A couple of years back I was writing about trying to squeeze Windows PE onto a 128MB/256MB USB thumb drive and how times change – these days I have piles of unused 128MB, 256MB and 512MB USB sticks that have become redundant because I have larger portable data storage devices available.

Then, as I was preparing to image a PC, I found myself using 1.44MB floppy disks and it all got very frustrating. Just enough to boot the system used half the disk and that was without any utilities – the version of Symantec Ghost that I used recently won’t even fit on a floppy disk. So, I decided to put one of my old USB sticks to use as an “ultimate boot disk” – much easier to update than the CD-based versions we were putting together a few years back.

Despite having a pile of smaller USB thumb drives doing nothing, I decided to use one of the 1GB sticks that EMC were giving away at the Windows Server 2008 launch (plenty of space for expansion).

The first step is to make the drive bootable – I used the HP USB disk storage format tool v2.1.8 (SP27608) to format the drive and put a basic Windows ME boot subsystem on it (using a disk created with the Windows XP disk format tool as a reference image) but there are other options.

Why Windows ME? Well, because it’s easy – Windows XP creates ME boot disks – and because it was a prerequisite for the the next stage – network booting using Brad Driver’s universal TCP/IP network boot disk. There are many sites on the ‘net that offer network boot disks (including bootdisk.com) but the one I chose manages to include a huge range of drivers and it fits on 1.44MB floppy.

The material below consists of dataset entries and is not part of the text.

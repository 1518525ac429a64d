-- ===== src/Rule/Calm/Responses.antt =====
-- Rules that do not panic, on a response.
use good_mitm.Prelude.{All, List, [], ◌∷◌}
use good_mitm.Text.{Text}
use good_mitm.Env.{Env}
use good_mitm.Io.{Io, Response, pure}
use good_mitm.Io.Halting.{Halts, Halts-bind, Returns-Halts}
use good_mitm.LogLines.{log_res}
use good_mitm.Modify
use good_mitm.Js
use good_mitm.Rule.{
  Rule, Action, reject, redirect, modify_request, modify_response, log_response, log_request, js,
  ResStep, next_res, return_res, res_action, res_loop, do_res,
}
use good_mitm.Rule.Calm.{CalmAction, CalmRule}

module _ (E : Env) where
  res_action-Halts :
      (url : Text) (a : Action) (res : Response E) → CalmAction E a → Halts (res_action E url a res)
  unfolding res_action log_res
  res_action-Halts url reject res h = tt
  res_action-Halts url (redirect _) res h = tt
  res_action-Halts url (modify_request _) res h = tt
  res_action-Halts url (modify_response md) res h =
      Halts-bind (Modify.modify_res E md res) _ (Returns-Halts (Modify.modify_res E md res) (h res))
        (λ _ _. tt)
  res_action-Halts url log_response res h = tt
  res_action-Halts url log_request res h = tt
  res_action-Halts url (js code) res h =
      Halts-bind (Js.modify_res E code res) _ (Returns-Halts (Js.modify_res E code res) (h.1 res))
        (λ _ _. tt)

  res_loop-Halts :
      (url : Text) (actions : List Action) (res : Response E)
      → All (CalmAction E) actions
      → Halts (res_loop E url actions res)
  unfolding res_loop
  res_loop-Halts url [] res h = tt
  res_loop-Halts url (a ∷ more) res (ha, h) =
      Halts-bind (res_action E url a res) _ (res_action-Halts url a res ha)
        (λ step _. after (λ r. res_loop-Halts url more r h) step)
    where
      after :
          ((r : Response E) → Halts (res_loop E url more r))
          → (step : ResStep E)
          → Halts (elim step as (λ _. Io E (Response E)) [
            | next_res res' ↦ res_loop E url more res'
            | return_res result ↦ pure result
          ])
      after ih (next_res r) = ih r
      after ih (return_res r) = tt

  pub do_res-Halts : (rule : Rule) (res : Response E) → CalmRule E rule → Halts (do_res E rule res)
  unfolding do_res
  do_res-Halts rule res (_, h) = res_loop-Halts _ rule.actions res h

Basically, the disk boots a very basic operating system before expanding itself to a RAM disk and reloading the command shell. USB device support is still experimental (at v6.2) but after much experimentation I worked out that I could use the makedisk script provided with the download but in order to avoid a loop of pressing CTRL+ALT+DEL to restart the computer I needed to edit the config.sys file so that the line shell=n:\command.com /e:4096 /p used c: instead of n: for the command interpreter (my drive was formatted as USB-HDD, this may not be necessary for other USB boot options) and I also removed the hidden attribute from command.com to avoid a file not found error (that didn’t seem to affect the operation of the disk in any other way). After this, the NIC is auto-detected and an appropriate network driver loaded, obtaining TCP/IP information from DHCP and logging on to the network.

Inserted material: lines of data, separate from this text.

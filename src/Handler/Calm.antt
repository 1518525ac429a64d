-- ===== src/Handler/Calm.antt =====
-- The handler does not panic with rules that do not.
use good_mitm.Prelude.{◌≡◌, All, Bool-cases, inl, inr, not, ◌||◌, some, List, [], ◌∷◌, is_empty}
use good_mitm.Env.{Env}
use good_mitm.Io.{Io, Request, Response, pure, unwrap}
use good_mitm.Io.Ensures.{Ensures-at}
use good_mitm.Io.Halting.{Halts, Halts-bind, Halts-unwrap}
use good_mitm.Filter.{Filter, is_match_req}
use good_mitm.HttpHandler.{RequestOrResponse, request, response}
use good_mitm.Rule.{Rule, do_req, do_res}
use good_mitm.Rule.Calm.{CalmFilter, CalmRule, is_match_req-Halts, do_req-Halts}
use good_mitm.Rule.Calm.Responses.{do_res-Halts}
use good_mitm.Handler.{
  Ctx, push_rule, match_filters, match_rules, run_rules, run_responses, handle_request,
  handle_response, without_accept_encoding,
}
use good_mitm.Handler.Matched.{match_rules-All}
use good_mitm.Handler.Contexts.{noted}

module _ (E : Env) where
  match_filters-Halts :
      (rule : Rule) (filters : List Filter) (req : Request E)
      → All (CalmFilter E) filters
      → Halts (match_filters E rule filters req)
  unfolding match_filters
  match_filters-Halts rule [] req h = tt
  match_filters-Halts rule (f ∷ more) req (hf, h) =
      Halts-bind (is_match_req E f req) _ (is_match_req-Halts E f req hf) (λ hit _.
        Halts-bind (match_filters E rule more req) _ (match_filters-Halts rule more req h)
          (λ _ _. tt))

  match_rules-Halts :
      (rules : List Rule) (req : Request E)
      → All (CalmRule E) rules
      → Halts (match_rules E rules req)
  unfolding match_rules
  match_rules-Halts [] req h = tt
  match_rules-Halts (rule ∷ rules) req (hr, h) =
      Halts-bind (match_filters E rule rule.filters req) _
        (match_filters-Halts rule rule.filters req hr.0)
        (λ here _.
          Halts-bind (match_rules E rules req) _ (match_rules-Halts rules req h) (λ _ _. tt))

  run_rules-Halts :
      (rules : List Rule) (ctx : Ctx E) (req : Request E)
      → All (CalmRule E) rules
      → Halts (run_rules E rules ctx req)
  unfolding run_rules
  run_rules-Halts [] ctx req h = tt
  run_rules-Halts (rule ∷ rules) ctx req (hr, h) =
      Halts-bind (do_req E rule req) _ (do_req-Halts E rule req hr)
        (λ (r, out) _. after (λ r. run_rules-Halts rules (push_rule E rule ctx) r h) out)
    where
      after :
          ((r : Request E) → Halts (run_rules E rules (push_rule E rule ctx) r))
          → (out : RequestOrResponse E)
          → Halts (elim out as (λ _. Io E (Ctx E × RequestOrResponse E)) [
            | request r ↦ run_rules E rules (push_rule E rule ctx) r
            | response res ↦ pure (push_rule E rule ctx, response res)
          ])
      after ih (request r) = ih r
      after ih (response res) = tt

  pub handle_request-Halts :
      (rules : List Rule) (ctx : Ctx E) (req : Request E)
      → All (CalmRule E) rules
      → Halts (handle_request E rules ctx req)
  unfolding handle_request
  handle_request-Halts rules ctx req h =
      let req' = without_accept_encoding E req in
      Halts-bind (match_rules E rules req') _ (match_rules-Halts rules req' h) (λ matched made.
        run_rules-Halts matched (noted E matched ctx req) req' (
          Ensures-at (All (CalmRule E)) (match_rules E rules req') made
            (match_rules-All E (CalmRule E) req' rules h)))

  run_responses-Halts :
      (rules : List Rule) (res : Response E)
      → All (CalmRule E) rules
      → Halts (run_responses E rules res)
  unfolding run_responses
  run_responses-Halts [] res h = tt
  run_responses-Halts (rule ∷ rules) res (hr, h) =
      Halts-bind (do_res E rule res) _ (do_res-Halts E rule res hr)
        (λ res' _. run_responses-Halts rules res' h)

  pub handle_response-Halts :
      (ctx : Ctx E) (res : Response E)
      → ((uri : E.Uri) × (ctx.uri ≡ some uri))
      → All (CalmRule E) ctx.custom_data.rules
      → Halts (handle_response E ctx res)
  unfolding handle_response
  handle_response-Halts ctx res uri h =
      elim (Bool-cases (not ctx.should_modify_response || is_empty ctx.custom_data.rules)) [
        | inl leave ↦ rw (leave, handle_response) tt
        | inr change ↦
            rw (change, handle_response)
              (Halts-bind (unwrap ctx.uri) _ (Halts-unwrap E ctx.uri uri)
                (λ u _. run_responses-Halts ctx.custom_data.rules res h))
      ]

With network booting working well (at least on the IBM ThinkPad T40 that I tested against – older machines may not have the necessary BIOS support), I added an autorun.inf file for when I use the drive within Windows. This file includes the following items and really just sets the drive icon and description:
Custom USB drive icon
[autorun]
label=USB Network Boot Disk (1GB)
icon=shell32.dll,12

Finally, the whole purpose of this disk is to run some utilities. At this point you can name your own poison but I created a C:\Tools folder (C:\Utilities is too long for 8.3 file naming, although C:\Utils could have worked) and started to pile in my favourite 16-bit .COM and .EXE files – I’m sure the list will grow substantially over time. There may be some issues with memory management but there is plenty of space to add a variety of tools and theoretically there could be multiple boot options too.

It’s been a long time since I played around in MS-DOS and there is very little call for it these days (I should really be doing this with Windows PE) but every so often it’s good to return to your roots.